(Stored items)
________________________________________

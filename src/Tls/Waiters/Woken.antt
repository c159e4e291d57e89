-- ===== src/Tls/Waiters/Woken.antt =====
-- Who is retried when a slot is announced.
use tls.Base.{ℕ, ◌+◌, ◌≡◌, ◌⊎◌, refl, inl, inr, Option-cases, List, [], ◌∷◌}
use tls.Tls.Waiters.{Resource, Lanes, retried, Queue, take_waiter, wake}
use tls.Tls.Waiters.Waits.{headed, is_one}
use tls.Tls.Waiters.Turns.{TurnLaws}

module _ ⦃l : Lanes⦄ (laws : TurnLaws) where
  open l use {Held, pop_front}
  open laws use {lane}

  -- The credit that has waited longest in a lane is retried and leaves it, and the other lane stays;
  -- nothing changes if the lane is empty.
  abbrev pub Retries : Resource → Queue → Queue → Type 0
  Retries kind q q' =
      ((lane kind q.waiters ≡ []) × (q' ≡ q))
      ⊎ ((h : Held) × ((k : Resource) → lane k q.waiters ≡ headed kind k h (lane k q'.waiters))
          × (q'.fates ≡ retried h ∷ q.fates))

  -- So for each of the kinds, in order.
  abbrev pub Woken : List Resource → Queue → Queue → Type 0
  Woken [] q q' = q' ≡ q
  Woken (kind ∷ kinds) q q' = (between : Queue) × Retries kind q between × Woken kinds between q'

  pub wake-Retries : (q : Queue) (kind : Resource) → Retries kind q (wake q kind)
  unfolding wake take_waiter
  wake-Retries q kind = elim (Option-cases (pop_front kind q.waiters)) [
    | inl e ↦ rw (e, wake, take_waiter) (inl (laws.pop_front-none kind q.waiters e, refl))
    | inr ((h, rest), e) ↦
        rw (e, wake, take_waiter) (inr (h, (λ k. laws.pop_front-headed kind k q.waiters e), refl))
  ]

-- How many of the kinds are `kind`.
unfoldable pub how_many : Resource → List Resource → ℕ
unfolding is_one
how_many kind [] = 0
how_many kind (k ∷ ks) = is_one k kind + how_many kind ks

________________________________________

Directions for this task:
Where a line of the data holds "Woken", show that line.

Reply:
filename src/Tls/Waiters/Woken.antt
-- ===== src/Tls/Waiters/Woken.antt =====
  abbrev pub Woken : List Resource → Queue → Queue → Type 0
  Woken [] q q' = q' ≡ q
  Woken (kind ∷ kinds) q q' = (between : Queue) × Retries kind q between × Woken kinds between q'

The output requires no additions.